L’IBIT, qui totalise environ 60 milliards de dollars, est resté relativement stable depuis le début de l’année, avec des entrées de 830 millions, mais au cours des cinq dernières séances, les flux entrants ont atteint près de 1,5 milliard.

Noelle Acheson, autrice de « Crypto Is Macro Now », estime que l’attention ne doit pas seulement porter sur les flux eux-mêmes, mais aussi sur leur forte accélération. Selon elle, cette dynamique pourrait indiquer que les investisseurs, sous-exposés à l’or et au bitcoin jusque-là, augmentent rapidement leurs positions.

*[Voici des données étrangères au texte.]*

-- ===== src/Read/Inner/Framed.antt =====
-- The headers of the records of a writer of one-block records, as a walk meets them.
use mathlib.Core.Path.{subst}
use oxihipo.Prelude.{
  ℕ, suc, ◌+◌, ◌*◌, ◌%◌, ◌^◌, ◌≤◌, ◌<◌, ◌≡◌, refl, sym, ap, ◌∙◌, arith, List, [], ◌∷◌, ◌++◌, length,
  take, replicate, Bytes, ok, ok-injective,
}
use oxihipo.Wire.Bytes.{little}
use oxihipo.Wire.RecordHeader
use oxihipo.Wire.RecordHeader.{RecordHeader}
use oxihipo.Wire.RecordHeader.Fields.{encode, words_of, write-encode}
use oxihipo.Wire.RecordHeader.RoundTrip.{IsWellFormed, write-parse_append}
use oxihipo.Record.Codec.{Backends}
use oxihipo.Record.Builder.{
  Compression, block_pad, block_header, build_single_block_record_bytes, wire_tag,
}
use oxihipo.Record.Builder.Build.{block_header-IsWellFormed}
use oxihipo.Record.Builder.Events.{little_header}
use oxihipo.Record.Builder.RoundTrip.{block_header-words}
use oxihipo.Write.Writer.{WriterOptions}
use oxihipo.Write.Writer.Tracks.{Item, Written, Laid}
use oxihipo.Write.Writer.Block.{block_format, Built, build-Built, Built-parse, length-Built}

-- What the header of a record says of it.
pub record Framed (bytes : Bytes) (evs : List Bytes) : Type 0 where
  pub header : RecordHeader
  pub parsed : RecordHeader.parse (take 56 bytes) ≡ ok header
  pub parsed_whole : RecordHeader.parse bytes ≡ ok header
  pub long : 56 ≤ length bytes
  pub small : length bytes < 2 ^ 30
  pub total : header.record_length ≡ length bytes
  pub count : header.event_count ≡ length evs
  pub index : header.index_array_length ≡ length evs * 4
  pub order : header.endianness ≡ little

pub block_header_lem :
    (evs : List Bytes) (u1 u2 : ℕ) (c : Compression) (n pad len : ℕ)
    → length evs < 2 ^ 30
    → let h = block_header evs u1 u2 c n pad len in
      (h.index_array_length ≡ length evs * 4)
      × (h.record_length ≡ 56 + len)
      × (h.compression ≡ wire_tag c)
unfolding block_header
block_header_lem evs u1 u2 c n pad len few = (omega arith, refl, refl)

-- The parse of the whole record.
pub parse-Built :
    {b : Backends} {evs : List Bytes} {u1 u2 : ℕ} {c : Compression} {n : ℕ} {out : Bytes}
    → (p : Built b evs u1 u2 c n out) → u1 < 2 ^ 64
    → u2 < 2 ^ 64
    → n < 2 ^ 32
    → length p.stream + 4 ≤ 2 ^ 30
    → (hdr : Bytes) × (out ≡ hdr ++ p.padded)
      × (length hdr ≡ 56)
      × (RecordHeader.parse out
          ≡ ok (block_header evs u1 u2 c n (block_pad (length p.stream)) p.len))
parse-Built {evs = evs} {u1} {u2} {c} {n} {out} p h1 h2 hn short =
    let h : RecordHeader = block_header evs u1 u2 c n (block_pad (length p.stream)) p.len in
    let good : IsWellFormed h =
      subst (λ k. IsWellFormed (block_header evs u1 u2 c n (block_pad (length p.stream)) k))
        (sym p.measured)
        (block_header-IsWellFormed evs u1 u2 c n (length p.stream) h1 h2 hn
          (omega (arith, short))) in
    let (hdr, written, size, parsed) =
      write-parse_append h (replicate 56 0) p.padded good
        (little_header evs u1 u2 c n (block_pad (length p.stream)) p.len) refl in
    let same : hdr ≡ encode little (words_of h) =
      ok-injective (sym written ∙ write-encode h (replicate 56 0) refl) in
    let whole : out ≡ hdr ++ p.padded = p.result ∙ ap (λ x. x ++ p.padded) (sym same) in
    (hdr, whole, size, ap RecordHeader.parse whole ∙ parsed)

-- The header of a record, whatever its payload was compressed to.
block-Framed :
    (b : Backends) (evs : List Bytes) (u1 u2 : ℕ) (c : Compression) (n : ℕ) (out : Bytes)
    → build_single_block_record_bytes b evs u1 u2 c n ≡ ok out
    → length evs < 2 ^ 30
    → u1 < 2 ^ 64
    → u2 < 2 ^ 64
    → n < 2 ^ 32
    → length out < 2 ^ 30
    → Framed out evs
block-Framed b evs u1 u2 c n out built few h1 h2 hn small =
    let p = build-Built b evs u1 u2 c n out built in
    let pad : ℕ = block_pad (length p.stream) in
    let h : RecordHeader = block_header evs u1 u2 c n pad p.len in
    let short : length p.stream + 4 ≤ 2 ^ 30 = omega (arith, length-Built p, p.measured, small) in
    let words = block_header-words evs u1 u2 c n pad p.len few in
    let (indexed, whole, kind) = block_header_lem evs u1 u2 c n pad p.len few in
    let (hdr, parts, size, parsed) = parse-Built p h1 h2 hn short in
    record {
      header = h;
      parsed = Built-parse p h1 h2 hn small;
      parsed_whole = parsed;
      long = omega (arith, length-Built p);
      small = small;
      total = whole ∙ sym (length-Built p);
      count = words.1;
      index = indexed;
      order = little_header evs u1 u2 c n pad p.len;
    }

-- The records of a walk, which reads the headers only, and the limits for it.
abbrev pub AllFramed : List Item → Type 0
AllFramed [] = Unit {0}
AllFramed (i ∷ is) = (Framed i.bytes i.chunk × (0 < length i.chunk)) × AllFramed is

pub record IsBounded (i : Item) : Type 0 where
  pub events : length i.chunk < 2 ^ 30
  pub first_word : i.user_word_1 < 2 ^ 64
  pub second_word : i.user_word_2 < 2 ^ 64
  pub bytes : length i.bytes < 2 ^ 30

abbrev pub AllBounded : List Item → Type 0
AllBounded [] = Unit {0}
AllBounded (i ∷ is) = IsBounded i × AllBounded is

pub Written-Framed :
    (b : Backends) (o : WriterOptions) (pos n : ℕ) (i : Item)
    → Written (block_format b) o pos n i
    → IsBounded i
    → Framed i.bytes i.chunk
Written-Framed b o pos n i w s =
    block-Framed b i.chunk i.user_word_1 i.user_word_2 o.compression ((n % 2 ^ 32 + 1) % 2 ^ 32)
      i.bytes w.built s.events s.first_word s.second_word (omega arith) s.bytes

pub Laid-AllFramed :
    (b : Backends) (o : WriterOptions) (pos n : ℕ) (is : List Item)
    → Laid (block_format b) o pos n is
    → AllBounded is
    → AllFramed is
Laid-AllFramed b o pos n [] l s = tt
Laid-AllFramed b o pos n (i ∷ is) (w, l) (s, ss) = (
  (Written-Framed b o pos n i w s, w.filled),
  Laid-AllFramed b o (pos + length i.bytes) (suc n) is l ss,
)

L’afflux massif de capitaux a également propulsé la hausse simultanée de ces deux classes d’actifs.

L’or s’est apprécié d’environ 13 % ce mois-ci, franchissant temporairement le seuil des 4600 dollars l’once, tandis que le bitcoin a franchi avec force la barre des 80 000 dollars. Cette progression synchrone reflète le fait que l’or et le bitcoin profitent actuellement de l’inquiétude croissante autour des finances américaines, de la dette publique et du pouvoir d’achat du dollar.

Auparavant, les investisseurs pouvaient considérer l’or et le bitcoin comme des actifs concurrents substituables, mais les derniers flux montrent qu’une partie d’entre eux optent désormais pour les deux, en exploitant l’or comme refuge traditionnel et le bitcoin pour son offre fixe en couverture des risques monétaires et fiscaux de long terme.

Néanmoins, toutes les institutions de Wall Street ne pensent pas que le « trade de dévaluation » restera le moteur principal de la hausse de l’or et du bitcoin.

Hardika Singh, stratège économique chez Fundstrat, estime que la dynamique de cette logique s’essouffle potentiellement et que les actions pourraient finalement s’avérer un outil de couverture plus fiable que l’or ou le bitcoin.

Elle explique que le déficit public américain croissant constitue bien un problème, mais si le marché accepte peu à peu qu’aucune solution claire n’émergera à court terme, les investisseurs pourraient finir par s’adapter à ce nouvel environnement budgétaire.

Dans ce scénario, l’or et le bitcoin ont toujours du potentiel pour progresser, mais la principale raison derrière la hausse des prix ne résiderait plus uniquement dans la crainte d’une dévalorisation monétaire.